The BBC's director of sport, Roger Mosey, believes that fans of some lesser-watched sports are better catered for using new technology such as interactive spin-off channels and internet television.

The problem is not believed to be the paucity of sports rights that afflicted the programme during the 1990s as Sky attempted to wrest control of every big event from the BBC, but that viewers now see Grandstand as old-fashioned. After conducting extensive research, BBC executives believe that licence fee payers view the brand with nostalgia but no longer think it relevant. The BBC has experimented with dropping the name from established strands such as Football Focus and Final Score. Neither the latest Six Nations nor the Winter Olympics were included under the Grandstand umbrella.

The last big shakeup was in 2002, when the BBC revamped Sunday Grandstand, flirted disastrously with extreme sports, and introduced a spin-off show discussing the latest football scores to counter the popularity of cult Sky Sports hit Soccer Saturday.

The move will also give the BBC more freedom to show live sporting events in prime time. During last season's Six Nations, matches scheduled at teatime got much higher viewing figures than those screened during the afternoon. Likewise, Chelsea's FA Cup semi-final clash with Liverpool on Saturday peaked at 9.7 million viewers partly because it kicked off at 5.15pm.

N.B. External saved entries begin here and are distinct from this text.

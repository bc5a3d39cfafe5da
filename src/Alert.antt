-- ===== src/Alert.antt =====
-- internal/alert/alert.go: which alerts are sent, how a delivery is retried, and what is recorded.
pub mod Retrying
pub mod Recorded
mod Samples
use edge_caddy.Prelude.{
  ℕ, zero, suc, ◌+◌, ◌*◌, Bool, true, false, not, ◌&&◌, ◌||◌, leb, ltb, ◌==◌, String, str_append,
  str_eq, Option, none, some, List, [], ◌∷◌, ◌++◌, if◌then◌else◌,
}

-- The map `rank`; a level that is not there has 0.
unfoldable pub rank : String → ℕ
rank level = if str_eq level "warn" then 1 else if str_eq level "crit" then 2 else 0

-- `levelRank`
unfoldable pub level_rank : String → ℕ
level_rank notify_level =
    if str_eq notify_level "all" then 0 else if str_eq notify_level "crit" then 2 else 1

-- What becomes of one attempt: the request cannot be made, the connection fails, or there is a status.
pub data Attempt : Type 0 where
  bad_request : Attempt
  no_answer : Attempt
  answered : ℕ → Attempt

pub data Failure : Type 0 where
  cancelled : Failure
  failed : Attempt → Failure

-- The error, if there is one; the number of requests that went out; the waits between them.
pub record Delivery : Type 0 where
  pub error : Option Failure
  pub posts : ℕ
  pub waits : List ℕ

abbrev pub is_success : ℕ → Bool
is_success status = leb 200 status && ltb status 300

-- `worthRetrying`
unfoldable pub worth_retrying : ℕ → Bool
worth_retrying status = leb 500 status || status == 429

module _ (base : ℕ) (attempt : ℕ → Attempt) (is_cancelled : ℕ → Bool) where
  abbrev one_more : Option ℕ → Delivery → Delivery
  one_more none d = record d { posts = suc d.posts }
  one_more (some wait) d = record d { posts = suc d.posts; waits = wait ∷ d.waits }

  abbrev waited : Option ℕ → List ℕ
  waited none = []
  waited (some wait) = wait ∷ []

  -- The wait before an attempt: none before the first.
  abbrev pub wait_before : ℕ → Option ℕ
  wait_before zero = none
  wait_before (suc i) = some (suc i * base)

  abbrev pub stops : ℕ → Bool
  stops zero = false
  stops (suc i) = is_cancelled (suc i)

  abbrev pub after_answer : ℕ → Option ℕ → Attempt → Delivery → Delivery
  after_answer i wait bad_request later = record {
    error = some (failed bad_request);
    posts = 0;
    waits = waited wait;
  }
  after_answer i wait no_answer later = one_more wait later
  after_answer i wait (answered status) later =
      if is_success status
      then one_more wait (record { error = none; posts = 0; waits = [] })
      else if worth_retrying status
      then one_more wait later
      else one_more wait (record { error = some (failed (answered status)); posts = 0; waits = [] })

  -- The loop of `postWithRetry`: the attempts that are left, the number of the next one, and the last
  -- error.
  unfoldable pub post_loop : ℕ → ℕ → Option Failure → Delivery
  unfolding worth_retrying
  post_loop zero i last = record { error = last; posts = 0; waits = [] }
  post_loop (suc n) i last =
      let later = post_loop n (suc i) (some (failed (attempt i))) in
      if stops i
      then record { error = some cancelled; posts = 0; waits = [] }
      else after_answer i (wait_before i) (attempt i) later

-- `backoffBase`
unfoldable pub backoff_base : ℕ → ℕ
backoff_base retry_base = if retry_base == 0 then 1000000000 else retry_base

-- `postWithRetry`
unfoldable pub post_with_retry : ℕ → (ℕ → Attempt) → (ℕ → Bool) → ℕ → Delivery
unfolding post_loop backoff_base
post_with_retry retry_base attempt is_cancelled attempts =
    post_loop (backoff_base retry_base) attempt is_cancelled attempts 0 none

pub record Settings : Type 0 where
  pub notify_level : String
  pub webhook_url : String
  pub lark_webhook : String

abbrev pub is_delivered : Delivery → Bool
is_delivered d = elim d.error [ none ↦ true | some f ↦ false ]

-- `overallResult`, over whether each channel succeeded.
unfoldable pub overall_result : List Bool → String
overall_result [] = "ok"
overall_result (ok ∷ oks) = let rest = overall_result oks in if ok then rest else "fail"

-- What a channel adds to the results, if it is configured. `Notify` goes on without cancellation.
abbrev pub channel : String → ℕ → (ℕ → Attempt) → List Bool
channel url retry_base attempt =
    if str_eq url ""
    then []
    else is_delivered (post_with_retry retry_base attempt (λ i. false) 3) ∷ []

-- The results of the channels, in one of the two orders in which they may finish.
unfoldable pub results : Settings → ℕ → (ℕ → Attempt) → (ℕ → Attempt) → Bool → List Bool
unfolding post_with_retry
results cfg retry_base webhook lark lark_first =
    let w = channel cfg.webhook_url retry_base webhook in
    let l = channel cfg.lark_webhook retry_base lark in if lark_first then l ++ w else w ++ l

abbrev pub result_unless_none : List Bool → Option String
result_unless_none [] = none
result_unless_none (ok ∷ oks) = some (overall_result (ok ∷ oks))

-- `Notify`: the result that is recorded for the alert; `none` if nothing is sent.
unfoldable pub notify : Settings → ℕ → String → (ℕ → Attempt) → (ℕ → Attempt) → Bool → Option String
unfolding rank level_rank results overall_result
notify cfg retry_base level webhook lark lark_first =
    if ltb (rank level) (level_rank cfg.notify_level)
    then none
    else result_unless_none (results cfg retry_base webhook lark lark_first)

Grandstand's first presenter was Peter Dimmock, then head of television outside broadcasts. After three weeks he was replaced permanently by the distinctive, excitable tones of David Coleman, who anchored the show for the next decade.

With rudimentary equipment, technicians faced a tough task to keep the series of live outside broadcasts and studio links on air. Throughout the Coleman era, the latest sports results were pasted on to a giant scoreboard using a tall ladder, and hand-painted racing results continued to be used until 1986.

Frank Bough took over as the main anchor in 1968 and stayed for 15 years, followed by Des Lynam for a decade from 1983 and then Steve Rider. Other instantly recognisable voices that became known through their association with particular sports on the programme included Peter O'Sullevan (horse racing), Dan Maskell (tennis), Harry Carpenter (boxing) and Murray Walker (motor racing).

Today's announcement will be part of a wider revamp for BBC Sport and the rest of the corporation's on-air and online output over five years. The project was instigated by Mr Thompson in 2004 as an attempt to "re-imagine drama, news, music, children's and other key genres from scratch". He sees it as the flipside to his plan to make thousands of redundancies to release £355m a year to spend on programmes and digital content.